Actually, those aren't "static" methods in the way you are thinking about them. They are built-in functions that really just alias to certain methods on python objects that implement them.
>>> class Foo(object):
... def __len__(self):
... return 42
...
>>> f = Foo()
>>> len(f)
42
These are always available to be called whether or not the object implements them or not. The point is to have some consistency. Instead of some class having a method called length() and another called size(), the convention is to implement len and let the callers always access it by the more readable len(obj) instead of obj.methodThatDoesSomethingCommon
I thought the reason was so these basic operations could be done on iterators with the same interface as containers. However, it actually doesn't work with len:
def foo():
for i in range(10):
yield i
print len(foo())
... fails with TypeError. len() won't consume and count an iterator; it only works with objects that have a __len__ call.

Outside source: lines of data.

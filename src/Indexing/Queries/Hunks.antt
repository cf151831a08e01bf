-- ===== src/Indexing/Queries/Hunks.antt =====
-- The queries of a diff that is made of hunks.
use codesensei.Common.{
  ℕ, ◌≡◌, refl, sym, ap, ◌∙◌, Bool, true, false, List, [], ◌∷◌, ◌++◌, Text, ◌==◌, All, All-map,
  is_break, starts_with, all, inl, inr, if◌then◌else◌, Bool-cases, join_lines, splitlines,
  splitlines-append, IsLine, drop, arith,
}
use mathlib.Core.List.{append_assoc, append-nil}
use codesensei.Common.Digits.{Unicode}
use codesensei.Indexing.Queries.Blank.{is_blank, window-blank}
use codesensei.Indexing.Queries.{
  is_hunk_start, cut, new_lines, window, with_window, queries_of, derive_queries,
}

pub data Mark : Type 0 where
  added unchanged removed : Mark

abbrev pub mark_char : Mark → ℕ
mark_char added = b'+'
mark_char unchanged = b' '
mark_char removed = b'-'

abbrev pub marked : Mark × Text → Text
marked (m, s) = mark_char m ∷ s

-- A header, and the lines below it.
pub record HunkText : Type 0 where
  pub header : Text
  pub lines : List (Mark × Text)

-- Lines in front of a text, each ended by a line feed.
abbrev pub put_lines : List Text → Text → Text
put_lines [] s = s
put_lines (l ∷ ls) s = l ++ (10 ∷ put_lines ls s)

abbrev pub marked_lines : List (Mark × Text) → List Text
marked_lines [] = []
marked_lines (l ∷ ls) = marked l ∷ marked_lines ls

abbrev pub hunks_text : List HunkText → Text
hunks_text [] = []
hunks_text (h ∷ hs) = h.header ++ (10 ∷ put_lines (marked_lines h.lines) (hunks_text hs))

abbrev pub new_side : List (Mark × Text) → List Text
new_side [] = []
new_side ((added, s) ∷ ls) = s ∷ new_side ls
new_side ((unchanged, s) ∷ ls) = s ∷ new_side ls
new_side ((removed, s) ∷ ls) = new_side ls

-- A query for every hunk whose new side has a line that is not all white space.
abbrev pub hunk_queries : List HunkText → List Text
hunk_queries [] = []
hunk_queries (h ∷ hs) =
    let rest = hunk_queries hs in
    if all is_blank (new_side h.lines) then rest else join_lines (new_side h.lines) ∷ rest

-- A line that no hunk can start with, and a line that one starts with.
abbrev pub IsOther : Text → Type 0
IsOther [] = Unit
IsOther (c ∷ s) = ((c == b'@') ≡ false) × IsLine (c ∷ s)

abbrev pub IsHeader : Unicode → Text → Type 0
IsHeader u h = IsLine h × ((s : Text) → is_hunk_start u (h ++ (10 ∷ s)) ≡ true)

abbrev pub IsHunk : Unicode → HunkText → Type 0
IsHunk u h = IsHeader u h.header × All (λ (l : Mark × Text). IsLine l.1) h.lines

not_lf : (c : ℕ) → is_break c ≡ false → (c == 10) ≡ false
unfolding is_break
not_lf c h = ground arith

abbrev before : Text → Text × List Text → Text × List Text
before l (front, sections) = (l ++ front, sections)

cut-lf : (u : Unicode) (b : Bool) (s : Text) → cut u b (10 ∷ s) ≡ before (10 ∷ []) (cut u true s)
unfolding cut is_hunk_start starts_with
cut-lf u true s = refl
cut-lf u false s = refl

cut-inside :
    (u : Unicode) (l s : Text)
    → IsLine l
    → cut u false (l ++ (10 ∷ s)) ≡ before (l ++ (10 ∷ [])) (cut u true s)
unfolding cut
cut-inside u [] s h = cut-lf u false s
cut-inside u (c ∷ l) s (h, hs) = rw (not_lf c h) (ap (before (c ∷ [])) (cut-inside u l s hs))

no_start : (u : Unicode) (c : ℕ) (s : Text) → (c == b'@') ≡ false → is_hunk_start u (c ∷ s) ≡ false
unfolding is_hunk_start starts_with
no_start u c s h = rw h refl

cut-other :
    (u : Unicode) (l s : Text)
    → IsOther l
    → cut u true (l ++ (10 ∷ s)) ≡ before (l ++ (10 ∷ [])) (cut u true s)
unfolding cut
cut-other u [] s h = cut-lf u true s
cut-other u (c ∷ l) s (other, (h, hs)) =
    rw (no_start u c (l ++ (10 ∷ s)) other, not_lf c h) (ap (before (c ∷ [])) (cut-inside u l s hs))

abbrev opened : Text → Text × List Text → Text × List Text
opened l (front, sections) = ([], (l ++ front) ∷ sections)

cut-header :
    (u : Unicode) (l s : Text)
    → IsHeader u l
    → cut u true (l ++ (10 ∷ s)) ≡ opened (l ++ (10 ∷ [])) (cut u true s)
unfolding cut
cut-header u [] s (line, starts) = cc (starts s, no_start u 10 s refl)
cut-header u (c ∷ l) s ((h, hs), starts) =
    rw (starts s, not_lf c h) (ap (opened (c ∷ [])) (cut-inside u l s hs))

line-append : (l front : Text) → (l ++ (10 ∷ [])) ++ front ≡ l ++ (10 ∷ front)
line-append l front = append_assoc l (10 ∷ []) front

cut-put_lines :
    (u : Unicode) (ls : List Text) (s : Text)
    → All IsOther ls
    → cut u true (put_lines ls s) ≡ before (put_lines ls []) (cut u true s)
cut-put_lines u [] s h = refl
cut-put_lines u (l ∷ ls) s (h, hs) =
    cut-other u l (put_lines ls s) h
    ∙ ap (before (l ++ (10 ∷ []))) (cut-put_lines u ls s hs)
    ∙ ap (λ t. (t, (cut u true s).1)) (rest (cut u true s).0)
  where
    rest :
        (t : Text) → (l ++ (10 ∷ [])) ++ (put_lines ls [] ++ t) ≡ (l ++ (10 ∷ put_lines ls [])) ++ t
    rest t =
        sym (append_assoc (l ++ (10 ∷ [])) (put_lines ls []) t)
        ∙ ap (λ r. r ++ t) (line-append l (put_lines ls []))

abbrev section_of : HunkText → Text
section_of h = h.header ++ (10 ∷ put_lines (marked_lines h.lines) [])

abbrev sections_of : List HunkText → List Text
sections_of [] = []
sections_of (h ∷ hs) = section_of h ∷ sections_of hs

marked-IsOther :
    (ls : List (Mark × Text))
    → All (λ (l : Mark × Text). IsLine l.1) ls
    → All IsOther (marked_lines ls)
unfolding is_break
marked-IsOther [] h = tt
marked-IsOther ((added, s) ∷ ls) (h, hs) = ((refl, (refl, h)), marked-IsOther ls hs)
marked-IsOther ((unchanged, s) ∷ ls) (h, hs) = ((refl, (refl, h)), marked-IsOther ls hs)
marked-IsOther ((removed, s) ∷ ls) (h, hs) = ((refl, (refl, h)), marked-IsOther ls hs)

cut-hunks_text :
    (u : Unicode) (hs : List HunkText)
    → All (IsHunk u) hs
    → cut u true (hunks_text hs) ≡ ([], sections_of hs)
unfolding cut
cut-hunks_text u [] h = refl
cut-hunks_text u (h ∷ hs) ((header, lines), rest) =
    let body : List Text = marked_lines h.lines in
    cut-header u h.header (put_lines body (hunks_text hs)) header
    ∙ ap (opened (h.header ++ (10 ∷ []))) (
        cut-put_lines u body (hunks_text hs) (marked-IsOther h.lines lines)
        ∙ ap (before (put_lines body [])) (cut-hunks_text u hs rest))
    ∙ ap (λ (t : Text). ([], t ∷ sections_of hs))
        (ap (λ t. (h.header ++ (10 ∷ [])) ++ t) (append-nil (put_lines body []))
          ∙ line-append h.header (put_lines body []))

splitlines-put_lines : (ls : List Text) → All IsLine ls → splitlines (put_lines ls []) ≡ ls
unfolding splitlines
splitlines-put_lines [] h = refl
splitlines-put_lines (l ∷ ls) (h, hs) =
    splitlines-append l (put_lines ls []) h ∙ ap (λ r. l ∷ r) (splitlines-put_lines ls hs)

other-IsLine : (l : Text) → IsOther l → IsLine l
other-IsLine [] h = tt
other-IsLine (c ∷ s) h = h.1

new_lines-marked : (ls : List (Mark × Text)) → new_lines (marked_lines ls) ≡ new_side ls
new_lines-marked [] = refl
new_lines-marked ((added, s) ∷ ls) = ap (λ r. s ∷ r) (new_lines-marked ls)
new_lines-marked ((unchanged, s) ∷ ls) = ap (λ r. s ∷ r) (new_lines-marked ls)
new_lines-marked ((removed, s) ∷ ls) = new_lines-marked ls

section-window :
    (u : Unicode) (h : HunkText)
    → IsHunk u h
    → window (new_lines (drop 1 (splitlines (section_of h)))) ≡ window (new_side h.lines)
section-window u h (header, lines) =
    ap (λ ls. window (new_lines (drop 1 ls)))
      (splitlines-append h.header (put_lines (marked_lines h.lines) []) header.0)
    ∙ ap (λ ls. window (new_lines ls))
        (splitlines-put_lines (marked_lines h.lines)
          (All-map (marked_lines h.lines) other-IsLine (marked-IsOther h.lines lines)))
    ∙ ap window (new_lines-marked h.lines)

with_window-blank :
    (ls : List Text) (rest : List Text)
    → with_window (window ls) rest ≡ (if all is_blank ls then rest else join_lines ls ∷ rest)
with_window-blank ls rest =
    ap (λ w. with_window w rest) (window-blank ls)
    ∙ elim (Bool-cases (all is_blank ls)) [ inl blank ↦ rw blank refl | inr text ↦ rw text refl ]

queries_of-sections :
    (u : Unicode) (hs : List HunkText)
    → All (IsHunk u) hs
    → queries_of (sections_of hs) ≡ hunk_queries hs
unfolding queries_of
queries_of-sections u [] h = refl
queries_of-sections u (h ∷ hs) (k, ks) =
    ap (λ w. with_window w (queries_of (sections_of hs))) (section-window u h k)
    ∙ ap (with_window (window (new_side h.lines))) (queries_of-sections u hs ks)
    ∙ with_window-blank (new_side h.lines) (hunk_queries hs)

-- Of a diff whose first lines start with no "@", followed by hunks of a header and marked lines, the
-- queries are, for every hunk in order whose new side has a line that is not all white space, the
-- lines of its new side without their marks, joined by line feeds.
pub derive_queries-hunks :
    (u : Unicode) (front : List Text) (hs : List HunkText)
    → All IsOther front
    → All (IsHunk u) hs
    → derive_queries u (put_lines front (hunks_text hs)) ≡ hunk_queries hs
unfolding derive_queries
derive_queries-hunks u front hs other hunks =
    ap (λ r. queries_of r.1)
      (cut-put_lines u front (hunks_text hs) other
        ∙ ap (before (put_lines front [])) (cut-hunks_text u hs hunks))
    ∙ queries_of-sections u hs hunks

So, as far as I'm concerned, len() shouldn't exist. It's much more natural to say obj.len than len(obj), and much more consistent with the rest of the language and the standard library. We don't say append(lst, 1); we say lst.append(1). Having a separate global method for length is an odd, inconsistent special case, and eats a very obvious name in the global namespace, which is a very bad habit of Python.
This is unrelated to duck typing; you can say getattr(obj, "len") to decide whether you can use len on an object just as easily--and much more consistently--than you can use getattr(obj, "__len__").
All that said, as language warts go--for those who consider this a wart--this is a very easy one to live with.
On the other hand, min and max do work on iterators, which gives them a use apart from any particular object. This is straightforward, so I'll just give an example:
import random
def foo():
for i in range(10):
yield random.randint(0, 100)
print max(foo())
However, there are no __min__ or __max__ methods to override its behavior, so there's no consistent way to provide efficient searching for sorted containers. If a container is sorted on the same key that you're searching, min/max are O(1) operations instead of O(n), and the only way to expose that is by a different, inconsistent method. (This could be fixed in the language relatively easily, of course.)
To follow up with another issue with this: it prevents use of Python's method binding. As a simple, contrived example, you can do this to supply a function to add values to a list:
def add(f):
f(1)
f(2)
f(3)
lst = []
add(lst.append)
print lst
and this works on all member functions. You can't do that with min, max or len, though, since they're not methods of the object they operate on. Instead, you have to resort to functools.partial, a clumsy second-class workaround common in other languages.
Of course, this is an uncommon case; but it's the uncommon cases that tell us about a language's consistency.